#### WHAT THE TASK REQUIRES:
Return every line from the records below in which the word "internal" is found.

#### RECORDS:
-- ===== src/Hpack/RoundTrip.antt =====
-- Header blocks of internal/hpack, encoded and decoded with tables that agree.
use zerodeps_hackk.Base.{ℕ, List, [], ◌∷◌, Option, none, some, All}
use zerodeps_hackk.H2.{Field}
use zerodeps_hackk.Hpack.Dynamic.{DynamicTable}
use zerodeps_hackk.Hpack.Codec.{Huffman, encode}
use zerodeps_hackk.Hpack.Codec.Strings.{Short}
use zerodeps_hackk.Hpack.Decode.{decode}

-- Fields whose names and values a header block can carry.
abbrev pub Sendable : List Field → Type 0
Sendable = All (λ f. Short f.name × Short f.value)

module _ (huffman : Huffman) where
  -- The blocks of a connection in order, as one side writes them, and as the other reads them until
  -- one is refused.
  unfoldable pub encode_all : DynamicTable → List (List Field) → List (List ℕ)
  encode_all dt [] = []
  encode_all dt (fields ∷ sections) =
      (encode huffman dt fields).0 ∷ encode_all (encode huffman dt fields).1 sections

  unfoldable pub encoder_after : DynamicTable → List (List Field) → DynamicTable
  encoder_after dt [] = dt
  encoder_after dt (fields ∷ sections) = encoder_after (encode huffman dt fields).1 sections

  gathered : Option (List Field) → Option (List (List Field)) → Option (List (List Field))
  gathered none rest = none
  gathered (some fields) none = none
  gathered (some fields) (some sections) = some (fields ∷ sections)

  unfoldable pub decode_all : DynamicTable → List (List ℕ) → Option (List (List Field))
  unfolding gathered
  decode_all dt [] = some []
  decode_all dt (block ∷ blocks) =
      let (table, read) = decode huffman dt block in gathered read (decode_all table blocks)

  unfoldable pub decoder_after : DynamicTable → List (List ℕ) → DynamicTable
  decoder_after dt [] = dt
  decoder_after dt (block ∷ blocks) = decoder_after (decode huffman dt block).0 blocks
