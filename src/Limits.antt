-- ===== src/Limits.antt =====
-- internal/limits: the numbers of bounds.go and the token bucket.
pub mod Bucket
use zerodeps_hackk.Base.{ℕ, ◌-◌, ◌/◌, ◌^◌}

abbrev pub max_frame_size : ℕ
max_frame_size = 2 ^ 14

abbrev pub max_header_block_size : ℕ
max_header_block_size = 2 ^ 17

abbrev pub max_continuation_frames : ℕ
max_continuation_frames = 32

abbrev pub max_concurrent_streams : ℕ
max_concurrent_streams = 100

abbrev pub replenish_threshold : ℕ
replenish_threshold = (2 ^ 16 - 1) / 2

abbrev pub max_encoder_table_size : ℕ
max_encoder_table_size = 2 ^ 16
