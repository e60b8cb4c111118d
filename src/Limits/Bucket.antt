-- ===== src/Limits/Bucket.antt =====
-- internal/limits/bucket.go: the token bucket. A time is a number of nanoseconds, and an interval
-- that a Duration cannot hold is cut to the largest one, as `Time.Sub` does. A clock that goes
-- back gives Go a negative quotient or 0 and the model 0, which earns nothing in both.
pub mod Rate
use zerodeps_hackk.Base.{
  ℕ, ◌+◌, ◌-◌, ◌*◌, ◌/◌, ◌^◌, min, Bool, true, false, leb, ltb, ◌==◌, if◌then◌else◌,
}
use zerodeps_hackk.Base.Int.{ℤ, pos, pos_part, ltb_ℤ}

pub record Bucket : Type 0 where
  pub burst : ℕ
  pub interval : ℕ
  pub tokens : ℕ
  pub last : ℕ

abbrev pub reset_burst : ℤ
reset_burst = pos 100

abbrev pub reset_refill_per_second : ℤ
reset_refill_per_second = pos 20

abbrev second : ℕ
second = 1_000_000_000

-- `if x < 1 { x = 1 }`.
abbrev at_least_one : ℤ → ℕ
at_least_one x = if ltb_ℤ x (pos 1) then 1 else pos_part x

unfoldable pub new_bucket : ℤ → ℤ → ℕ → Bucket
new_bucket burst refill now = record {
  burst = at_least_one burst;
  interval = at_least_one (pos (second / at_least_one refill));
  tokens = at_least_one burst;
  last = now;
}

unfoldable pub new_reset_bucket : ℕ → Bucket
unfolding new_bucket
new_reset_bucket now = new_bucket reset_burst reset_refill_per_second now

-- `now.Sub(b.last) / b.interval`.
abbrev pub earned : Bucket → ℕ → ℕ
earned b now = min (now - b.last) (2 ^ 63 - 1) / b.interval

-- The test `earned >= b.burst - b.tokens`, with no subtraction.
unfoldable pub refill : Bucket → ℕ → Bucket
refill b now =
    if earned b now == 0
    then b
    else if leb b.burst (earned b now + b.tokens)
    then record b { tokens = b.burst; last = now }
    else record b { tokens = b.tokens + earned b now; last = b.last + earned b now * b.interval }

unfoldable pub allow : Bucket → ℕ → Bucket × Bool
allow b now =
    let b' = refill b now in
    if b'.tokens == 0 then (b', false) else (record b' { tokens = b'.tokens - 1 }, true)

unfoldable pub tokens_at : Bucket → ℕ → Bucket × ℕ
tokens_at b now = (refill b now, (refill b now).tokens)
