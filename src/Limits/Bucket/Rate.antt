-- ===== src/Limits/Bucket/Rate.antt =====
-- How many events the bucket of bucket.go lets through.
use zerodeps_hackk.Base.{
  ℕ, ◌+◌, ◌-◌, ◌*◌, ◌/◌, ◌^◌, ◌≤◌, ◌<◌, ◌≡◌, Bool, true, false, List, [], ◌∷◌, arith, All,
  if◌then◌else◌,
}
use native.Mathlib.Nat.{mod-lt, div-add-mod}
use zerodeps_hackk.Base.Int.{ℤ}
use zerodeps_hackk.Limits.Bucket.{Bucket, new_bucket, earned, refill, allow}

pub record IsValid (b : Bucket) : Type 0 where
  pub burst_pos : 1 ≤ b.burst
  pub interval_pos : 1 ≤ b.interval
  pub tokens_fit : b.tokens ≤ b.burst

pub new_bucket-IsValid :
    (burst per_second : ℤ) (now : ℕ) → IsValid (new_bucket burst per_second now)
unfolding new_bucket
new_bucket-IsValid burst per_second now = ground arith

pub refill-IsValid : (b : Bucket) (now : ℕ) → IsValid b → IsValid (refill b now)
unfolding refill
refill-IsValid b now v = ground arith

pub allow-IsValid : (b : Bucket) (now : ℕ) → IsValid b → IsValid (allow b now).0
unfolding allow
allow-IsValid b now v = ground (arith, refill-IsValid b now v)

-- The time that is banked in tokens and the time since the last refill, up to a horizon.
abbrev potential : ℕ → Bucket → ℕ
potential horizon b = b.tokens * b.interval + (horizon - b.last)

earned-le : (b : Bucket) (now : ℕ) → earned b now * b.interval ≤ now - b.last
earned-le b now = grind arith

earned-pos : (b : Bucket) (now : ℕ) → 0 < earned b now → b.last ≤ now
earned-pos b now h = grind arith

mul_mono : (a b i : ℕ) → a ≤ b → a * i ≤ b * i
mul_mono a b i h = grind arith

refill-potential :
    (horizon : ℕ) (b : Bucket) (now : ℕ)
    → now ≤ horizon
    → b.last ≤ horizon
    → (potential horizon (refill b now) ≤ potential horizon b) × ((refill b now).last ≤ horizon)
unfolding refill
refill-potential horizon b now h l = ground (
  arith,
  earned-le b now,
  earned-pos b now,
  mul_mono b.burst (earned b now + b.tokens) b.interval,
)

refill-interval : (b : Bucket) (now : ℕ) → (refill b now).interval ≡ b.interval
unfolding refill
refill-interval b now = ground arith

one_fewer : (t i : ℕ) → 0 < t → i + (t - 1) * i ≡ t * i
one_fewer t i h = go (t - 1) (omega arith)
  where
    go : (r : ℕ) → t ≡ r + 1 → i + r * i ≡ t * i
    go r e = rw e (omega arith)

allow-potential :
    (horizon : ℕ) (b : Bucket) (now : ℕ)
    → now ≤ horizon
    → b.last ≤ horizon
    → ((if (allow b now).1 then b.interval else 0) + potential horizon (allow b now).0
        ≤ potential horizon b)
      × ((allow b now).0.last ≤ horizon)
      × ((allow b now).0.interval ≡ b.interval)
unfolding allow
allow-potential horizon b now h l = ground (
  arith,
  refill-potential horizon b now h l,
  refill-interval b now,
  one_fewer (refill b now).tokens b.interval,
)

-- How many of the calls at these times are let through.
unfoldable pub allowed : Bucket → List ℕ → ℕ
allowed b [] = 0
allowed b (now ∷ times) =
    let rest = allowed (allow b now).0 times in if (allow b now).1 then rest + 1 else rest

one_more :
    (passed : Bool) (rest p q j i : ℕ)
    → j ≡ i
    → (if passed then i else 0) + p ≤ q
    → rest * j ≤ p
    → (if passed then rest + 1 else rest) * i ≤ q
one_more true rest p q j i e h r = let r' : rest * i ≤ p = rw e at r in omega arith
one_more false rest p q j i e h r = let r' : rest * i ≤ p = rw e at r in omega arith

allowed-potential :
    (horizon : ℕ) (b : Bucket) (times : List ℕ)
    → All (λ now. now ≤ horizon) times
    → b.last ≤ horizon
    → allowed b times * b.interval ≤ potential horizon b
unfolding allowed
allowed-potential horizon b [] a l = omega arith
allowed-potential horizon b (now ∷ times) (h, a) l =
    let (p, last, same) = allow-potential horizon b now h l in
    one_more (allow b now).1 (allowed (allow b now).0 times) _ _ _ b.interval same p
      (allowed-potential horizon (allow b now).0 times a last)

whole_intervals : (n t d i : ℕ) → 1 ≤ i → n * i ≤ t * i + d → n ≤ t + d / i
whole_intervals n t d i h p =
    ground (arith, mul_mono (t + d / i + 1) n i, div-add-mod d i, mod-lt d h)

-- Whatever the clock does, going back included: of the calls made up to a time `horizon`, those
-- let through number at most the tokens at hand and one more for each whole interval since the
-- bucket was last refilled.
pub allowed-le :
    (horizon : ℕ) (b : Bucket) (times : List ℕ)
    → IsValid b
    → All (λ now. now ≤ horizon) times
    → b.last ≤ horizon
    → allowed b times ≤ b.tokens + (horizon - b.last) / b.interval
allowed-le horizon b times v a l =
    whole_intervals (allowed b times) b.tokens (horizon - b.last) b.interval v.interval_pos
      (allowed-potential horizon b times a l)

earned-pos_of :
    (b : Bucket) (now : ℕ)
    → 1 ≤ b.interval
    → b.last + b.interval ≤ now
    → b.interval < 2 ^ 63
    → 1 ≤ earned b now
earned-pos_of b now v h i = grind arith

-- And the bucket recovers: a whole interval after its last refill a call is let through.
pub allow_after_interval :
    (b : Bucket) (now : ℕ)
    → IsValid b
    → b.last + b.interval ≤ now
    → b.interval < 2 ^ 63
    → (allow b now).1 ≡ true
unfolding allow refill
allow_after_interval b now v h i = ground (arith, earned-pos_of b now)
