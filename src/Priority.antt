-- ===== src/Priority.antt =====
-- internal/priority.
pub mod Pending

#### WRITTEN REPLY:
-- Header blocks of internal/hpack, encoded and decoded with tables that agree.
-- internal/limits: the numbers of bounds.go and the token bucket.
-- internal/limits/bucket.go: the token bucket. A time is a number of nanoseconds, and an interval
-- internal/priority.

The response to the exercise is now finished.